Let me first set the context by briefing about our application and its production setup. It is an internal web application used by the support team across multiple countries. The application requires session persistence without which the current work of our users will get interrupted. While persistence can be a divisive topic, any discussion for it or against it is moot in this context since we do not have a choice. I personally prefer to design nonpersistent applications, but let us not discuss about it further. We have a pool of WebLogic servers load balanced behind F5 LTM virtual server. We use LTM’s Cookie Insert method for achieving session persistence. With Cookie Insert method, LTM will add a cookie (BIGipServer*OurPoolName*) for our domain with encoded (and encrypted if required) IP address and Port number as its value. Once this cookie is set, subsequent http requests from browser will be routed to the same application server thus ensuring session persistence. Load balancer cookie expiry is set to session and hence it will be cleared when browser is closed at the end of the shift.
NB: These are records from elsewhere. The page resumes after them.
-- ===== src/Base/Dict.antt =====
-- Go's `map[string]V` as an association list with one entry for a key. Where the program ranges
-- over a map, the model ranges over the entries in the order of the list, which stands for any order.
use mathlib.Core.List
use zerobased.Base.Equality.{if◌then◌else◌, ◌==◌, string_eq}
use Prim.Native.String.{String}
use mathlib.Core.Path.{◌≡◌, refl}
use mathlib.Core.Option.{Option, none, some}
use mathlib.Core.List.{List, [], ◌∷◌}
use native.Mathlib.Omega.{arith}

abbrev pub Dict {ℓ} : Type ℓ → Type ℓ
Dict V = List (String × V)

module _ {ℓ} {V : Type ℓ} where
  unfoldable pub keys : Dict V → List String
  keys = List.map (λ (k, _). k)

  -- `m[k]`, with `ok`
  unfoldable pub lookup : String → Dict V → Option V
  lookup k [] = none
  lookup k ((j, v) ∷ d) = if j == k then some v else lookup k d

  -- `m[k] = v`
  unfoldable pub insert : String → V → Dict V → Dict V
  insert k v [] = (k, v) ∷ []
  insert k v ((j, w) ∷ d) = if j == k then (k, v) ∷ d else (j, w) ∷ insert k v d

  -- `delete(m, k)`
  unfoldable pub erase : String → Dict V → Dict V
  erase k [] = []
  erase k ((j, w) ∷ d) = let rest = erase k d in if j == k then rest else (j, w) ∷ rest

  pub lookup-insert :
      (j k : String) (v : V) (d : Dict V)
      → lookup j (insert k v d) ≡ (if k == j then some v else lookup j d)
  unfolding insert lookup
  lookup-insert j k v [] = refl
  lookup-insert j k v (_ ∷ d) = ground (arith, lookup-insert j k v d)

  pub lookup-erase :
      (j k : String) (d : Dict V) → lookup j (erase k d) ≡ (if k == j then none else lookup j d)
  unfolding erase lookup
  lookup-erase j k [] = ground arith
  lookup-erase j k (_ ∷ d) = ground (arith, lookup-erase j k d)

  pub lookup-empty : (k : String) → lookup k [] ≡ none
  unfolding lookup
  lookup-empty k = refl

  pub insert-insert : (k : String) (v w : V) (d : Dict V) → insert k v (insert k w d) ≡ insert k v d
  unfolding insert
  insert-insert k v w [] = ground arith
  insert-insert k v w (_ ∷ d) = ground (arith, insert-insert k v w d)

  pub erase-insert : (k : String) (v : V) (d : Dict V) → erase k (insert k v d) ≡ erase k d
  unfolding insert erase
  erase-insert k v [] = ground arith
  erase-insert k v (_ ∷ d) = ground (arith, erase-insert k v d)

  pub erase-free : (k : String) (d : Dict V) → lookup k d ≡ none → erase k d ≡ d
  unfolding lookup erase
  erase-free k [] free = refl
  erase-free k (_ ∷ d) free = ground (arith, erase-free k d)

  -- Each key has one entry, as in a Go map.
  abbrev pub NodupKeys : Dict V → Type ℓ
  NodupKeys [] = Unit
  NodupKeys ((k, _) ∷ d) = (lookup k d ≡ none) × NodupKeys d

  pub insert-NodupKeys : (k : String) (v : V) (d : Dict V) → NodupKeys d → NodupKeys (insert k v d)
  unfolding insert
  insert-NodupKeys k v [] _ = (lookup-empty k, tt)
  insert-NodupKeys k v ((j, _) ∷ d) (fresh, u) =
      ground (arith, insert-NodupKeys k v d u, lookup-insert j k v d)

  pub erase-NodupKeys : (k : String) (d : Dict V) → NodupKeys d → NodupKeys (erase k d)
  unfolding erase
  erase-NodupKeys k [] _ = tt
  erase-NodupKeys k ((j, _) ∷ d) (fresh, u) =
      ground (arith, erase-NodupKeys k d u, lookup-erase j k d)

  module _ {κ} (P : String → V → Type κ) where
    -- What holds of every entry.
    abbrev pub Entries : Dict V → Type κ
    Entries [] = Unit
    Entries ((k, v) ∷ d) = P k v × Entries d

    pub insert-Entries :
        (k : String) (v : V) (d : Dict V) → P k v → Entries d → Entries (insert k v d)
    unfolding insert
    insert-Entries k v [] p _ = (p, tt)
    insert-Entries k v ((j, w) ∷ d) p (q, h) = ground (arith, insert-Entries k v d p h)

    pub erase-Entries : (k : String) (d : Dict V) → Entries d → Entries (erase k d)
    unfolding erase
    erase-Entries k [] _ = tt
    erase-Entries k ((j, w) ∷ d) (q, h) = ground (arith, erase-Entries k d h)

    pub lookup-Entries : (k : String) (v : V) (d : Dict V) → Entries d → lookup k d ≡ some v → P k v
    unfolding lookup
    lookup-Entries k v [] _ e = cc
    lookup-Entries k v ((j, w) ∷ d) (q, h) e = ground (arith, lookup-Entries k v d h)

pub ruleset dict_laws = (lookup-insert, lookup-erase, lookup-empty)
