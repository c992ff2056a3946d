-- ===== src/Base/Text.antt =====
-- The functions of Go's `strings` that the program calls. A Go string is read as a sequence of
-- Unicode code points, that is, as valid UTF-8. `len` of the library counts bytes, as Go's does.
pub mod Splitting
use Prim.Native.Char.{Char, code}
use Prim.Native.String.{String, [], ◌∷◌, ◌++◌}
use mathlib.Core.List.{List}
use mathlib.Core.Path.{◌≡◌}
use mathlib.Core.Bool.{Bool, true, false, not, ◌&&◌, ◌||◌}
use zerobased.Base.Equality.{if◌then◌else◌, ◌==◌, string_eq, nat_eq}
use zerobased.Base.Numbers.{leb}

-- Unicode's tables, which Go's library holds as data, and what the model assumes of them:
-- `lower` is `unicode.ToLower`, `quote` is `strconv.Quote`, which asks the table of printable characters.
pub record Unicode : Type 0 where
  pub lower : Char → Char
  pub quote : String → String
  -- An ASCII character that is no capital stays.
  pub lower_fixes :
      (c : Char)
      → leb (code c) 127 && not (leb b'A' (code c) && leb (code c) b'Z') ≡ true
      → lower c ≡ c

-- The white space of Unicode, as `unicode.IsSpace` lists it.
unfoldable pub is_space : Char → Bool
is_space ch =
    let c = code ch in
    (leb 9 c && leb c 13)
    || c == 32
    || c == 0x85
    || c == 0xa0
    || c == 0x1680
    || (leb 0x2000 c && leb c 0x200a)
    || c == 0x2028
    || c == 0x2029
    || c == 0x202f
    || c == 0x205f
    || c == 0x3000

unfoldable pub trim_left_space : String → String
trim_left_space [] = []
trim_left_space (c ∷ s) = if is_space c then trim_left_space s else c ∷ s

-- Keeps a character unless it is white space before nothing.
unfoldable pub keep_unless_blank : Char → String → String
keep_unless_blank c [] = if is_space c then [] else c ∷ []
keep_unless_blank c (d ∷ s) = c ∷ d ∷ s

unfoldable pub trim_right_space : String → String
unfolding keep_unless_blank
trim_right_space [] = []
trim_right_space (c ∷ s) = keep_unless_blank c (trim_right_space s)

-- strings.TrimSpace
unfoldable pub trim_space : String → String
unfolding trim_left_space trim_right_space is_space
trim_space s = trim_right_space (trim_left_space s)

-- strings.ToLower
unfoldable pub to_lower : ⦃t : Unicode⦄ → String → String
to_lower ⦃t⦄ [] = []
to_lower ⦃t⦄ (c ∷ s) = t.lower c ∷ to_lower s

-- strings.TrimRight, with a cutset of one character
unfoldable pub trim_right : Char → String → String
trim_right ch [] = []
trim_right ch (c ∷ s) =
    let rest = trim_right ch s in if code c == code ch && rest == "" then "" else c ∷ rest

-- strings.HasPrefix
unfoldable pub has_prefix : String → String → Bool
has_prefix s [] = true
has_prefix [] (p ∷ ps) = false
has_prefix (c ∷ s) (p ∷ ps) = code c == code p && has_prefix s ps

-- strings.HasSuffix
unfoldable pub has_suffix : String → String → Bool
has_suffix [] suffix = [] == suffix
has_suffix (c ∷ s) suffix = (c ∷ s) == suffix || has_suffix s suffix

-- strings.TrimSuffix
unfoldable pub trim_suffix : String → String → String
trim_suffix [] suffix = []
trim_suffix (c ∷ s) suffix = if (c ∷ s) == suffix then [] else c ∷ trim_suffix s suffix

-- Whether the text has this character.
unfoldable pub has_char : String → Char → Bool
has_char [] c = false
has_char (d ∷ s) c = code d == code c || has_char s c

-- strings.ContainsAny
unfoldable pub contains_any : String → String → Bool
unfolding has_char
contains_any [] chars = false
contains_any (c ∷ s) chars = has_char chars c || contains_any s chars

-- strings.Join
unfoldable pub join : List String → String → String
join List.[] separator = ""
join (List.◌∷◌ s List.[]) separator = s
join (List.◌∷◌ s (List.◌∷◌ t parts)) separator =
    s ++ (separator ++ join (List.◌∷◌ t parts) separator)

-- A lower-case ASCII letter or a digit.
unfoldable pub is_alphanumeric : Char → Bool
is_alphanumeric ch = let c = code ch in (leb b'a' c && leb c b'z') || (leb b'0' c && leb c b'9')

unfoldable pub add_to_first : Char → List String → List String
add_to_first c List.[] = List.◌∷◌ (c ∷ []) List.[]
add_to_first c (List.◌∷◌ part parts) = List.◌∷◌ (c ∷ part) parts

-- strings.Split with a separator of one character
unfoldable pub split : String → Char → List String
unfolding add_to_first
split [] separator = List.◌∷◌ "" List.[]
split (c ∷ s) separator =
    let rest = split s separator in
    if code c == code separator then List.◌∷◌ "" rest else add_to_first c rest
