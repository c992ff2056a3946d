-- ===== src/Base/FilePath.antt =====
-- The functions of Go's `path/filepath` that the program calls, for Unix.
pub mod Laws
use Prim.Native.Char.{Char}
use mathlib.Core.List.{reverse}
use zerobased.Base.Equality.{if◌then◌else◌, ◌==◌, string_eq}
use zerobased.Base.Text.{has_prefix, join, split}
use Prim.Native.String.{String, ◌++◌ as ◌<>◌}
use mathlib.Core.Bool.{Bool, ◌||◌}
use mathlib.Core.List.{List, [], ◌∷◌}

abbrev pub slash : Char
slash = "/"

-- filepath.IsAbs
unfoldable pub is_abs : String → Bool
unfolding has_prefix
is_abs path = has_prefix path "/"

-- The element `..` on the elements that are kept, last first.
unfoldable pub go_up : Bool → List String → List String
go_up rooted [] = if rooted then [] else ".." ∷ []
go_up rooted (top ∷ rest) = if top == ".." then ".." ∷ top ∷ rest else rest

unfoldable pub resolve : Bool → List String → List String → List String
unfolding go_up
resolve rooted kept [] = reverse kept
resolve rooted kept (part ∷ parts) =
    resolve rooted
      (if part == "" || part == "."
        then kept
        else if part == ".."
        then go_up rooted kept
        else part ∷ kept)
      parts

abbrev or_dot : String → String
or_dot path = if path == "" then "." else path

-- filepath.Clean
unfoldable pub clean : String → String
unfolding is_abs resolve join split
clean path =
    let parts = join (resolve (is_abs path) [] (split path slash)) "/" in
    if is_abs path then "/" <> parts else or_dot parts

-- filepath.Join, which drops the empty elements in front.
unfoldable pub join_path : List String → String
unfolding clean
join_path [] = ""
join_path (part ∷ parts) =
    let rest = join_path parts in if part == "" then rest else clean (join (part ∷ parts) "/")

-- What stands before the last element, slash included.
abbrev pub before_last : List String → String
before_last [] = ""
before_last (part ∷ []) = ""
before_last (part ∷ next ∷ parts) = part <> ("/" <> before_last (next ∷ parts))

-- filepath.Dir
unfoldable pub dir : String → String
unfolding clean
dir path = clean (before_last (split path slash))

abbrev last_part : List String → String → String
last_part [] found = found
last_part (part ∷ parts) found = last_part parts (if part == "" then found else part)

-- filepath.Base: the last element that is not empty.
unfoldable pub base : String → String
unfolding split
base path =
    if path == ""
    then "."
    else let name = last_part (split path slash) "" in if name == "" then "/" else name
During releases, we deploy our new code to a set of servers which are NOT serving traffic (backup servers). We will then add those servers to the current LTM pool and disable all other servers having old code. At this point of time, LTM server pool will have servers with old code (marked disabled) as well as servers with new code (marked active). If load balancer cookie exists in the http request, LTM will route that request to an appropriate application server, either to active or disabled server depending on the cookie value. If load balancer cookie is absent, LTM will load balance the request to an active server. This arrangement will ensure that existing users who are already working on our application will not get interrupted during releases. It will also ensure that new users will always be load balanced to an active server having new code. We ask our users to “logout”, “close browser” and “login back” once they are done with their current work. Closing the browser will clear the load balancer cookie since it is session based. So the users will end up connecting to an active server when they are logging back in. Once all our users are switched to active servers, we will remove disabled servers from the LTM pool. This cycle repeats for every release.
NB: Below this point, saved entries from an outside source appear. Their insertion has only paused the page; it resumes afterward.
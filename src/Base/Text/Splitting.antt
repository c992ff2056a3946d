-- ===== src/Base/Text/Splitting.antt =====
-- Go's `strings.Split` takes apart what `strings.Join` has put together.
use Prim.Native.Char.{Char, code}
use Prim.Native.String.{String, [], ◌∷◌, ◌++◌}
use mathlib.Core.Path.{◌≡◌, refl, ap, ◌∙◌}
use mathlib.Core.Bool.{Bool, true, false, not, ◌&&◌}
use mathlib.Core.List.{List}
use native.Mathlib.Omega.{arith}
use text.Mathlib.TextLemmas.{nil-append, cons-append}
use zerobased.Base.Equality.{◌==◌, nat_eq}
use zerobased.Base.Lists.{All}
use zerobased.Base.Text.{join, split}

-- No character of the text is the separator.
abbrev pub lacks : Char → String → Bool
lacks ch [] = true
lacks ch (c ∷ s) = not (code c == code ch) && lacks ch s

pub split-lacks : (ch : Char) (s : String) → lacks ch s ≡ true → split s ch ≡ List.◌∷◌ s List.[]
unfolding split
split-lacks ch [] h = refl
split-lacks ch (c ∷ s) h = ground (arith, split-lacks ch s)

same_code : (ch : Char) → (code ch == code ch) ≡ true
same_code ch = ground arith

pub split-cons : (ch : Char) (s : String) → split (ch ∷ s) ch ≡ List.◌∷◌ "" (split s ch)
unfolding split
split-cons ch s = rw (same_code ch) refl

-- Another character goes to the first part.
split_other :
    (ch c : Char) (p s : String) (parts : List String)
    → (code c == code ch) ≡ false
    → split s ch ≡ List.◌∷◌ p parts
    → split (c ∷ s) ch ≡ List.◌∷◌ (c ∷ p) parts
unfolding split
split_other ch c p s parts other e = rw (other, e) refl

pub split-append :
    (ch : Char) (p s : String)
    → lacks ch p ≡ true
    → split (p ++ (ch ∷ s)) ch ≡ List.◌∷◌ p (split s ch)
split-append ch [] s h = ap (λ (x : String). split x ch) (nil-append (ch ∷ s)) ∙ split-cons ch s
split-append ch (c ∷ p) s h =
    ap (λ (x : String). split x ch) (cons-append c p (ch ∷ s))
    ∙ split_other ch c p (p ++ (ch ∷ s)) (split s ch) (ground arith)
        (split-append ch p s (ground arith))

pub split-join :
    (ch : Char) (p : String) (ps : List String)
    → All (λ q. lacks ch q ≡ true) (List.◌∷◌ p ps)
    → split (join (List.◌∷◌ p ps) (ch ∷ [])) ch ≡ List.◌∷◌ p ps
unfolding join
split-join ch p List.[] (h, _) = split-lacks ch p h
split-join ch p (List.◌∷◌ q ps) (h, rest) =
    ap (λ (x : String). split (p ++ x) ch)
      (cons-append ch [] (join (List.◌∷◌ q ps) (ch ∷ []))
        ∙ ap (λ (x : String). ch ∷ x) (nil-append (join (List.◌∷◌ q ps) (ch ∷ []))))
    ∙ split-append ch p (join (List.◌∷◌ q ps) (ch ∷ [])) h
    ∙ ap (λ (x : List String). List.◌∷◌ p x) (split-join ch q ps rest)
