-- ===== src/Base/FilePath/Laws.antt =====
-- Absolute paths by their elements, and their directories.
use Prim.Native.String.{String, ◌++◌ as ◌<>◌}
use mathlib.Core.Path.{◌≡◌, refl, sym, ap, ◌∙◌}
use mathlib.Core.Bool.{true, false}
use mathlib.Core.List.{List, [], ◌∷◌, ◌++◌, reverse, reverse_aux}
use mathlib.Core.Logic.{◌≢◌}
use native.Mathlib.Omega.{arith}
use text.Mathlib.TextLemmas.{nil-append, cons-append}
use zerobased.Base.Equality.{◌==◌, string_eq, nat_eq}
use zerobased.Base.Lists.{All}
use zerobased.Base.Text.{join, split, has_prefix}
use zerobased.Base.Text.Splitting.{lacks, split-lacks, split-cons, split-append, split-join}
use zerobased.Base.FilePath.{slash, resolve, clean, before_last, dir}

-- An element of a clean absolute path.
abbrev pub IsElement : String → Type 0
IsElement p =
    (lacks slash p ≡ true) × ((p == "") ≡ false) × ((p == ".") ≡ false) × ((p == "..") ≡ false)

abbrev pub absolute : List String → String
absolute ps = "/" <> join ps "/"

-- Each element with a slash behind it.
slashed : List String → String
slashed [] = ""
slashed (p ∷ ps) = p <> ("/" <> slashed ps)

slash_cons : (s : String) → "/" <> s ≡ String.◌∷◌ slash s
slash_cons s = cons-append slash "" s ∙ ap (λ (x : String). String.◌∷◌ slash x) (nil-append s)

slashed_root : (ps : List String) → slashed ("" ∷ ps) ≡ "/" <> slashed ps
unfolding slashed
slashed_root ps = nil-append ("/" <> slashed ps)

before_last-slashed : (ps : List String) (q : String) → before_last (ps ++ q ∷ []) ≡ slashed ps
unfolding slashed
before_last-slashed [] q = refl
before_last-slashed (p ∷ []) q = refl
before_last-slashed (p ∷ p' ∷ ps) q =
    ap (λ (x : String). p <> ("/" <> x)) (before_last-slashed (p' ∷ ps) q)

split_rooted : (s : String) → split ("/" <> s) slash ≡ "" ∷ split s slash
split_rooted s = ap (λ (x : String). split x slash) (slash_cons s) ∙ split-cons slash s

split-slash :
    (p s : String) → lacks slash p ≡ true → split (p <> ("/" <> s)) slash ≡ p ∷ split s slash
split-slash p s h =
    ap (λ (x : String). split (p <> x) slash) (slash_cons s) ∙ split-append slash p s h

split-slashed : (ps : List String) → All IsElement ps → split (slashed ps) slash ≡ ps ++ "" ∷ []
unfolding slashed
split-slashed [] h = split-lacks slash "" refl
split-slashed (p ∷ ps) ((lack, _, _, _), rest) =
    split-slash p (slashed ps) lack ∙ ap (λ (x : List String). p ∷ x) (split-slashed ps rest)

resolve_end : (kept : List String) → resolve true kept ("" ∷ []) ≡ reverse kept
unfolding resolve string_eq
resolve_end kept = refl

resolve_start : (parts : List String) → resolve true [] ("" ∷ parts) ≡ resolve true [] parts
unfolding resolve string_eq
resolve_start parts = refl

rooted : (s : String) → has_prefix ("/" <> s) "/" ≡ true
unfolding has_prefix nat_eq
rooted s = ap (λ (x : String). has_prefix x "/") (slash_cons s) ∙ refl

resolve-elements :
    (kept ps : List String)
    → All IsElement ps
    → resolve true kept (ps ++ "" ∷ []) ≡ reverse_aux kept ps
unfolding resolve
resolve-elements kept [] h = resolve_end kept
resolve-elements kept (p ∷ ps) ((_, filled, dot, up), rest) =
    rw (filled, dot, up, resolve) (resolve-elements (p ∷ kept) ps rest)

clean_rooted :
    (text : String)
    → has_prefix text "/" ≡ true
    → clean text ≡ absolute (resolve true [] (split text slash))
unfolding clean
clean_rooted text h = ground arith

clean-slashed : (ps : List String) → All IsElement ps → clean ("/" <> slashed ps) ≡ absolute ps
clean-slashed ps h =
    let text = "/" <> slashed ps in
    let parts : split text slash ≡ "" ∷ (ps ++ "" ∷ []) =
      split_rooted (slashed ps) ∙ ap (λ (x : List String). "" ∷ x) (split-slashed ps h) in
    let kept : resolve true [] (split text slash) ≡ ps =
      ap (λ (x : List String). resolve true [] x) parts
      ∙ resolve_start (ps ++ "" ∷ [])
      ∙ resolve-elements [] ps h in
    clean_rooted text (rooted (slashed ps)) ∙ ap (λ (x : List String). absolute x) kept

All-lacks : (ps : List String) → All IsElement ps → All (λ p. lacks slash p ≡ true) ps
All-lacks [] h = tt
All-lacks (p ∷ ps) ((lack, _, _, _), h) = (lack, All-lacks ps h)

split-absolute :
    (p : String) (ps : List String)
    → All IsElement (p ∷ ps)
    → split (absolute (p ∷ ps)) slash ≡ "" ∷ p ∷ ps
split-absolute p ps h =
    split_rooted (join (p ∷ ps) "/")
    ∙ ap (λ (x : List String). "" ∷ x) (split-join slash p ps (All-lacks (p ∷ ps) h))

split_snoc :
    (ps : List String) (p : String)
    → All IsElement (ps ++ p ∷ [])
    → split (absolute (ps ++ p ∷ [])) slash ≡ "" ∷ (ps ++ p ∷ [])
split_snoc [] p h = split-absolute p [] h
split_snoc (q ∷ ps) p h = split-absolute q (ps ++ p ∷ []) h

pub All-front : (ps : List String) (p : String) → All IsElement (ps ++ p ∷ []) → All IsElement ps
All-front [] p h = tt
All-front (q ∷ ps) p (e, h) = (e, All-front ps p h)

-- The directory of an absolute path is the path of the elements before the last; the root is its own.
pub dir-absolute :
    (ps : List String) (p : String)
    → All IsElement (ps ++ p ∷ [])
    → dir (absolute (ps ++ p ∷ [])) ≡ absolute ps
unfolding dir
dir-absolute ps p h =
    ap (λ (x : List String). clean (before_last x)) (split_snoc ps p h)
    ∙ ap clean (before_last-slashed ("" ∷ ps) p ∙ slashed_root ps)
    ∙ clean-slashed ps (All-front ps p h)

pub dir_root : dir (absolute []) ≡ absolute []
unfolding dir string_eq nat_eq join
dir_root = refl

longer : (ps : List String) (p : String) → ps ≢ ps ++ p ∷ []
longer [] p e = ground arith
longer (q ∷ ps) p e = longer ps p (ground arith)

differ : (s t : String) → s ≢ t → (s == t) ≡ false
differ s t apart = ground arith

split_root : split (absolute []) slash ≡ "" ∷ "" ∷ []
unfolding split join nat_eq
split_root = refl

-- The path of fewer elements is another.
pub absolute_other :
    (ps : List String) (p : String)
    → All IsElement (ps ++ p ∷ [])
    → (absolute ps == absolute (ps ++ p ∷ [])) ≡ false
absolute_other [] p ((lack, filled, dot, up), h) = differ (absolute []) (absolute (p ∷ [])) λ same.
    let parts : "" ∷ "" ∷ [] ≡ "" ∷ p ∷ [] =
      sym split_root
      ∙ ap (λ (x : String). split x slash) same
      ∙ split-absolute p [] ((lack, filled, dot, up), h) in
    ground arith
absolute_other (q ∷ ps) p h = differ (absolute (q ∷ ps)) (absolute (q ∷ (ps ++ p ∷ []))) λ same.
    let parts : "" ∷ q ∷ ps ≡ "" ∷ q ∷ (ps ++ p ∷ []) =
      sym (split-absolute q ps (All-front (q ∷ ps) p h))
      ∙ ap (λ (x : String). split x slash) same
      ∙ split-absolute q (ps ++ p ∷ []) h in
    longer ps p (ground arith)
Everything was fine until we decided to let our users “logout” and “login back” during releases without closing the browser. Why is closing the browser a big deal? Users are not directly opening our application in a browser. They use an integrated desktop application which hosts 10s of different applications required for them. Launching the desktop application will take care of opening all applications required for them including ours. By the way, it has many more useful things which are not in the scope of this blog. It takes ~5 minutes to launch that Desktop Application since it has to prepare and launch all applications hosted within it. We wanted to eliminate this outage time and it is a big deal for us (~1000 users * 5 minutes).

First Problem – As long as the load balancer cookie exists in http request, LTM will route it to the same app server even if it is marked as disabled. So we have to clear load balancer cookie during logout. F5 provides a powerful tool to manipulate http payload in the form of iRule. It is basically a combination of TCL and F5’s own scripting. This problem is easily solvable by using an iRule.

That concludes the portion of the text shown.